Finding just the right level of withholding can be tricky, especially if you anticipate significant changes to your income or deductions.
The IRS isn't the only one who wants a piece of your paycheck - 41 states have a broad-based individual income tax. Only seven states lack an income tax altogether.
Health savings accounts (HSA) provide an opportunity for people to save up for medical expenses using pre-tax dollars.
"A health savings account is an account that is specifically designed to be used with a high deductible insurance policy," notes Miriam Caldwell.
Contributions to a health savings account are tax-deductible. And as long as the funds are used to pay for medical expenses, distributions from a health savings account is tax-free. There are no restrictions on when the money must be spend, so the savings can accumulate from year to year until needed for a major medical expense.
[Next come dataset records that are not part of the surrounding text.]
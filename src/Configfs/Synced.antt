-- ===== src/Configfs/Synced.antt =====
-- group/dlm_controld/action.c: after set_configfs_members, configfs lists exactly the new members.
use dlm.Base.{
  ℕ, ◌≡◌, refl, sym, ap, ◌∙◌, Bool, true, false, not, ◌&&◌, ◌||◌, Option, none, some, List, [], ◌∷◌,
  ◌==◌, if◌then◌else◌, arith, Bool-cases, inl, inr, ==→eq, is_empty,
}
use dlm.Configfs.Files.{
  space, space_node, File, nodeid, weight, number, Files, IsLawful, is_node, has_node, id_exists,
}
use dlm.Configfs.Weight.{get_weight}
use dlm.Configfs.Nodes.{NodesEnv, Cluster, and_then, on_files, create_path}
use dlm.Configfs.Members.{remove_members, add_new, change_nodes, set_configfs_members}
use dlm.Configfs.Loops.{
  is_node-same, and_then-true, Writes, Writes-nobody, Keeps, mkdir-Keeps, rmdir-Keeps,
}
use dlm.Configfs.Rounds.{is_added, add_new_members-Writes}

-- From one state to another, configfs lists exactly the new members of a lockspace; those that were
-- not there, or must be renewed, have their number and weight written, the others keep their files.
pub record IsSynced (F : Files) (env : NodesEnv) (name new renew : List ℕ) (s s' : F.State)
    : Type 0 where
  pub listed : (j : ℕ) → has_node F name j s' ≡ id_exists j new
  pub kept :
      (j : ℕ) (g : File)
      → id_exists j new ≡ true
      → id_exists j renew ≡ false
      → has_node F name j s ≡ true
      → F.read (space_node name j) g s' ≡ F.read (space_node name j) g s
  pub written :
      (j : ℕ)
      → id_exists j new ≡ true
      → (id_exists j renew || not (has_node F name j s)) ≡ true
      → (F.read (space_node name j) nodeid s' ≡ some (number j))
        × (F.read (space_node name j) weight s' ≡ some (number (get_weight env.ccs j name)))

module _ (F : Files) (L : IsLawful F) (name new : List ℕ) where
  -- The nodes that pass a test are no longer listed, and new members keep their files.
  record Drops (test : ℕ → Bool) (s s' : F.State) : Type 0 where
    pub listed : (j : ℕ) → has_node F name j s' ≡ (has_node F name j s && not (test j))
    pub kept :
        (j : ℕ) (g : File)
        → id_exists j new ≡ true
        → F.read (space_node name j) g s' ≡ F.read (space_node name j) g s

  left-ne-new : (id j : ℕ) → id_exists id new ≡ false → id_exists j new ≡ true → (id == j) ≡ false
  left-ne-new id j gone there = elim (Bool-cases (id == j)) [
    | inr n ↦ n
    | inl y ↦ cc (sym there ∙ ap (λ i. id_exists i new) (sym (==→eq id j y)) ∙ gone)
  ]

  kept-Drops :
      (id : ℕ) (s : F.State)
      → id_exists id new ≡ true
      → Drops (λ j. id == j && not (id_exists j new)) s s
  kept-Drops id s there = record {
    listed = λ j. elim (Bool-cases (id == j)) [
      | inr n ↦ ground (arith, n)
      | inl y ↦ ground (arith, y, ==→eq id j y, there, ap (λ i. id_exists i new) (==→eq id j y))
    ];
    kept = λ j g h. refl;
  }

  removed-Drops :
      (id : ℕ) (s : F.State)
      → id_exists id new ≡ false
      → (F.rmdir (space_node name id) s).0 ≡ true
      → Drops (λ j. id == j && not (id_exists j new)) s (F.rmdir (space_node name id) s).1
  removed-Drops id s gone ok =
      let p = space_node name id in
      record {
        listed = λ j. elim (Bool-cases (id == j)) [
          | inr n ↦ ground (arith, n, L.has_node-rmdir name j p s, is_node-same name id j)
          | inl y ↦ ground (
            arith,
            y,
            ok,
            L.has_node-rmdir name j p s,
            is_node-same name id j,
            gone,
            ap (λ i. id_exists i new) (==→eq id j y),
          )
        ];
        kept =
            λ j g h. L.read-rmdir name j g p s (is_node-same name id j ∙ left-ne-new id j gone h);
      }

  step-Drops :
      (id : ℕ) (s : F.State) (there : Bool)
      → id_exists id new ≡ there
      → let x : Bool × F.State = if there then (true, s) else F.rmdir (space_node name id) s in
        x.0 ≡ true → Drops (λ j. id == j && not (id_exists j new)) s x.1
  step-Drops id s true e h = kept-Drops id s e
  step-Drops id s false e h = removed-Drops id s e h

  remove_members-Drops :
      (olds : List ℕ) (s : F.State)
      → (remove_members F name new olds s).0 ≡ true
      → Drops
          (λ j. id_exists j olds && not (id_exists j new))
          s
          (remove_members F name new olds s).1
  unfolding remove_members id_exists
  remove_members-Drops [] s h = record { listed = λ j. ground arith; kept = λ j g h. refl }
  remove_members-Drops (id ∷ rest) s h =
      let x : Bool × F.State =
        if id_exists id new then (true, s) else F.rmdir (space_node name id) s in
      let done = and_then-true x (remove_members F name new rest) h in
      let now = step-Drops id s (id_exists id new) refl done.0 in
      let later = remove_members-Drops rest x.1 (sym (ap (λ r. r.0) done.1) ∙ h) in
      rw done.1 (record {
        listed = λ j. ground (arith, later.listed j, now.listed j);
        kept = λ j g k. later.kept j g k ∙ now.kept j g k;
      })

  empty_space-Keeps :
      (env : NodesEnv) (gone : Bool) (c : Cluster F)
      → Keeps F L env name c.files
          (if gone then record c { files = (F.rmdir (space name) c.files).1 } else c).files
  unfolding is_node
  empty_space-Keeps env true c = rmdir-Keeps F L env name (space name) (λ j. refl) c.files
  empty_space-Keeps env false c = Writes-nobody F L env name c.files

has_node-nodes :
    (F : Files) (name : List ℕ) (j : ℕ) (s : F.State) {ids : List ℕ}
    → F.nodes name s ≡ some ids
    → has_node F name j s ≡ id_exists j ids
unfolding has_node
has_node-nodes F name j s e = rw (e, has_node) refl

module _ (F : Files) (L : IsLawful F) (env : NodesEnv) (name new renew : List ℕ) where
  -- Removing, then removing the directory of the lockspace, then adding.
  loops-IsSynced :
      (old : List ℕ) (s t u v : F.State)
      → ((j : ℕ) → has_node F name j s ≡ id_exists j old)
      → Drops F L name new (λ j. id_exists j old && not (id_exists j new)) s t
      → Keeps F L env name t u
      → Writes F L env name (is_added old renew new) u v
      → IsSynced F env name new renew s v
  unfolding is_added
  loops-IsSynced old s t u v at a b w = record {
    listed = λ j. ground (arith, w.listed j, b.listed j, a.listed j, at j);
    kept = λ j g there same was.
        w.kept j g (ground (arith, at j)) ∙ b.kept j g refl ∙ a.kept j g there;
    written = λ j there new_dir.
        let added : is_added old renew new j ≡ true = ground (arith, at j) in
        (w.id_written j added, w.weight_written j added);
  }

  change_from-IsSynced :
      (old : List ℕ) (c : Cluster F)
      → F.nodes name c.files ≡ some old
      → let c' =
          and_then
            (on_files F (remove_members F name new old) c)
            (add_new F env name new renew old) in
        c'.0 ≡ true → IsSynced F env name new renew c.files c'.1.files
  unfolding add_new
  change_from-IsSynced old c at h =
      let x = on_files F (remove_members F name new old) c in
      let done = and_then-true x (add_new F env name new renew old) h in
      let c2 : Cluster F =
        if is_empty new then record (x.1) { files = (F.rmdir (space name) x.1.files).1 } else x.1 in
      rw done.1 (
        loops-IsSynced old c.files x.1.files c2.files _ (λ j. has_node-nodes F name j c.files at)
          (remove_members-Drops F L name new old c.files done.0)
          (empty_space-Keeps F L name new env (is_empty new) x.1)
          (add_new_members-Writes F L env name old renew new c2 (sym (ap (λ r. r.0) done.1) ∙ h)))

  listed-IsSynced :
      (listed : Option (List ℕ)) (c : Cluster F)
      → F.nodes name c.files ≡ listed
      → let c' : Bool × Cluster F = elim listed [
        | none ↦ (false, c)
        | some old ↦
            and_then
              (on_files F (remove_members F name new old) c)
              (add_new F env name new renew old)
      ] in
        c'.0 ≡ true → IsSynced F env name new renew c.files c'.1.files
  listed-IsSynced none c at h = cc
  listed-IsSynced (some old) c at h = change_from-IsSynced old c at h

  change_nodes-IsSynced :
      (c : Cluster F)
      → (change_nodes F env name new renew c).0 ≡ true
      → IsSynced F env name new renew c.files (change_nodes F env name new renew c).1.files
  unfolding change_nodes
  change_nodes-IsSynced c h = listed-IsSynced (F.nodes name c.files) c refl h

  -- The lockspace's directory, made if it is not there.
  made-Keeps :
      (there : Bool) (c : Cluster F)
      → Keeps F L env name c.files
          (if there then (true, c) else on_files F (create_path F (space name)) c).1.files
  unfolding create_path is_node
  made-Keeps true c = Writes-nobody F L env name c.files
  made-Keeps false c = mkdir-Keeps F L env name (space name) (λ j. refl) c.files

  after_made :
      (s t u : F.State)
      → Keeps F L env name s t
      → IsSynced F env name new renew t u
      → IsSynced F env name new renew s u
  after_made s t u k a = record {
    listed = a.listed;
    kept =
        λ j g there same was. a.kept j g there same (ground (arith, k.listed j)) ∙ k.kept j g refl;
    written = λ j there new_dir. a.written j there (ground (arith, k.listed j));
  }

  -- Over a file system that meets IsLawful, when set_configfs_members returns 0, configfs lists
  -- exactly the new members of the lockspace. Those that were not listed, or must be renewed,
  -- have their number and the weight from the configuration written, the others keep their
  -- files; news about the cluster that is read on the way changes nothing of this.
  pub set_configfs_members-IsSynced :
      (c : Cluster F)
      → (set_configfs_members F env name new renew c).0 ≡ true
      → IsSynced F env name new renew c.files (set_configfs_members F env name new renew c).1.files
  unfolding set_configfs_members
  set_configfs_members-IsSynced c h =
      let there = F.path_exists (space name) c.files in
      let x : Bool × Cluster F =
        if there then (true, c) else on_files F (create_path F (space name)) c in
      let done = and_then-true x (change_nodes F env name new renew) h in
      rw done.1 (
        after_made c.files x.1.files _ (made-Keeps there c)
          (change_nodes-IsSynced x.1 (sym (ap (λ r. r.0) done.1) ∙ h)))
This combination of tax-deductible savings plus tax-free distributions is a powerful money-saving combination, as Dana Anspach explains.
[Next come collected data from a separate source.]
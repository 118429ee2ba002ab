-- ===== src/Configfs/Examples.antt =====
-- The nodes of a lockspace in configfs at concrete inputs.
use dlm.Base.{◌≡◌, refl, true, false, some, none, [], ◌∷◌, Bool}
use dlm.Configfs.Files.{space_node, weight, number}
use dlm.Configfs.Weight.{Ccs, pos, negsuc, get_weight}
use dlm.Configfs.Nodes.{notify, NodesEnv, Cluster}
use dlm.Configfs.Members.{set_configfs_members}
use dlm.Configfs.Memory.{memory, memory-IsLawful}
use dlm.Configfs.Synced.{IsSynced, set_configfs_members-IsSynced}

-- Node 2 is the master of the lockspace, with weight 5; node 3 has no name.
abbrev config : Ccs
config = record {
  clusternodes =
      (pos 1, some (10 ∷ []))
      ∷ (pos 2, some (20 ∷ []))
      ∷ (pos 3, none)
      ∷ (pos 4, some (40 ∷ []))
      ∷ [];
  masters = λ n. (20 ∷ []) ∷ [];
  master_weight = λ n m. some (pos 5);
  node_weight = λ n. none;
}

abbrev env : NodesEnv
env = record {
  our_nodeid = 1;
  node_addrs = λ id. some ((127 ∷ id ∷ []) ∷ []);
  storage_size = 4;
  ccs = config;
}

-- Nodes 1 and 2 are listed; the news that node 4 has come is not yet read.
cluster : Cluster memory
unfolding memory
cluster = record {
  files = record { dirs = (7 ∷ [], 1) ∷ (7 ∷ [], 2) ∷ (8 ∷ [], 1) ∷ []; files = λ p f. none };
  quorum_nodes = 1 ∷ 2 ∷ [];
  quorate = true;
  cluster_down = false;
  events = notify true (1 ∷ 2 ∷ 4 ∷ []) ∷ [];
}

-- Node 1 leaves, node 2 left and came back, node 4 is new.
after : Bool × Cluster memory
unfolding set_configfs_members memory cluster
after = set_configfs_members memory env (7 ∷ []) (2 ∷ 4 ∷ []) (2 ∷ []) cluster

succeeds : after.0 ≡ true
unfolding after
succeeds = refl

now_listed : memory.nodes (7 ∷ []) after.1.files ≡ some (4 ∷ 2 ∷ [])
unfolding after
now_listed = refl

weight_of_master : memory.read (space_node (7 ∷ []) 2) weight after.1.files ≡ some (number 5)
unfolding after
weight_of_master = refl

-- A negative weight for the master counts as none.
negative_weight :
    get_weight (record config { master_weight = λ n m. some (negsuc 4) }) 2 (7 ∷ []) ≡ 1
unfolding get_weight
negative_weight = refl

set_configfs_members-IsSynced_example :
    IsSynced memory env (7 ∷ []) (2 ∷ 4 ∷ []) (2 ∷ []) cluster.files after.1.files
unfolding after
set_configfs_members-IsSynced_example =
    set_configfs_members-IsSynced memory memory-IsLawful env (7 ∷ []) (2 ∷ 4 ∷ []) (2 ∷ []) cluster
      succeeds
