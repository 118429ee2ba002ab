-- ===== src/Daemon.antt =====
-- group/dlm_controld/main.c and group/dlm_controld/crc.c, with the calls to join and leave a group of
-- group/dlm_controld/cpg.c: the lockspaces, the registered file systems and the clients of the daemon.
pub mod Crc
pub mod Clients
pub mod Spaces
pub mod Requests
pub mod Slots
pub mod Consistent
pub mod Registered
pub mod Steps
pub mod Joined
pub mod Trace
pub mod Queries
mod Examples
To be eligible for the deduction, individuals need to be covered by an HSA-compatible high deductible health insurance plan.
Did you relocate for work last year? If so, you might be able to deduct the cost of moving.
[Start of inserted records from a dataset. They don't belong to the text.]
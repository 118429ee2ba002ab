-- ===== src/Daemon/Clients.antt =====
-- group/dlm_controld/main.c: the table of the descriptors that are polled.
use dlm.Base.{ℕ, zero, suc, Option, none, some, List, [], ◌∷◌, ◌++◌, ltb, if◌then◌else◌, is_empty}

-- The functions that are called for a client (`workfn`), and when it is dead (`deadfn`).
pub data Work : Type 0 where
  process_listener process_connection process_uevent process_lockspace_cpg other_work : Work

pub data Dead : Type 0 where
  client_dead_fn cluster_dead_fn : Dead

-- `struct client` with its `struct pollfd`; `none` is -1 for a descriptor, and NULL for a function.
pub record Client : Type 0 where
  pub fd : Option ℕ
  pub work : Option Work
  pub dead : Option Dead
  pub polled : Option ℕ

-- `client`, `pollfd` and `client_size`, with `client_maxi`.
pub record Table : Type 0 where
  pub clients : List Client
  pub maxi : ℕ

abbrev pub blank : Client
blank = record { fd = none; work = none; dead = none; polled = none }

abbrev pub blanks : ℕ → List Client
blanks zero = []
blanks (suc n) = blank ∷ blanks n

-- `client_alloc`, which ends the program if it fails.
unfoldable pub client_alloc : Table → Table
client_alloc t = record t { clients = t.clients ++ blanks 32 }

-- Slot i of the table.
unfoldable pub slot : List Client → ℕ → Option Client
slot [] i = none
slot (c ∷ rest) zero = some c
slot (c ∷ rest) (suc i) = slot rest i

unfoldable pub change_slot : (Client → Client) → ℕ → List Client → List Client
change_slot f i [] = []
change_slot f zero (c ∷ rest) = f c ∷ rest
change_slot f (suc i) (c ∷ rest) = c ∷ change_slot f i rest

-- `client_dead`
unfoldable pub client_dead : ℕ → Table → Table
unfolding change_slot
client_dead ci t = record t {
  clients = change_slot (λ c. record c { fd = none; work = none; polled = none }) ci t.clients;
}

-- The loop of `client_add`: the first slot with descriptor -1.
unfoldable pub free_slot : List Client → Option ℕ
free_slot [] = none
free_slot (c ∷ rest) = elim c.fd [
  | none ↦ some 0
  | some fd ↦ elim (free_slot rest) [ none ↦ none | some i ↦ some (suc i) ]
]

abbrev pub dead_or : Option Dead → Dead
dead_or none = client_dead_fn
dead_or (some d) = d

unfoldable pub fill_slot : ℕ → Work → Option Dead → ℕ → Table → ℕ × Table
unfolding change_slot
fill_slot fd work dead i t = (
  i,
  record t {
    clients =
        change_slot
          (λ _. record {
            fd = some fd;
            work = some work;
            dead = some (dead_or dead);
            polled = some fd;
          })
          i t.clients;
    maxi = if ltb t.maxi i then i else t.maxi;
  },
)

-- `client_add` from the label `again`, which is reached again after an allocation. The fuel is the
-- number of searches.
unfoldable pub search_slot : ℕ → ℕ → Work → Option Dead → Table → Option (ℕ × Table)
unfolding free_slot fill_slot client_alloc
search_slot zero fd work dead t = none
search_slot (suc n) fd work dead t = elim (free_slot t.clients) [
  | some i ↦ some (fill_slot fd work dead i t)
  | none ↦ search_slot n fd work dead (client_alloc t)
]

-- `client_add`: a table with slots needs two searches at most.
unfoldable pub client_add : ℕ → Work → Option Dead → Table → Option (ℕ × Table)
unfolding search_slot client_alloc
client_add fd work dead t =
    search_slot 2 fd work dead (if is_empty t.clients then client_alloc t else t)

-- `client_ignore` and `client_back`
unfoldable pub client_ignore : ℕ → Table → Table
unfolding change_slot
client_ignore ci t = record t {
  clients = change_slot (λ c. record c { polled = none }) ci t.clients;
}

unfoldable pub client_back : ℕ → ℕ → Table → Table
unfolding change_slot
client_back ci fd t = record t {
  clients = change_slot (λ c. record c { polled = some fd }) ci t.clients;
}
Moving expenses are deducted if a person started a new job and the new job is located at least 50 miles farther from your old home than the distance between your old home and your old job. This deduction is available for employees and self-employed people who relocated for work, and for Americans working abroad who retire and move back to the United States.
Employees who pay for any work-related expenses out of their own pocket may be able to deduct those expenses on their tax return.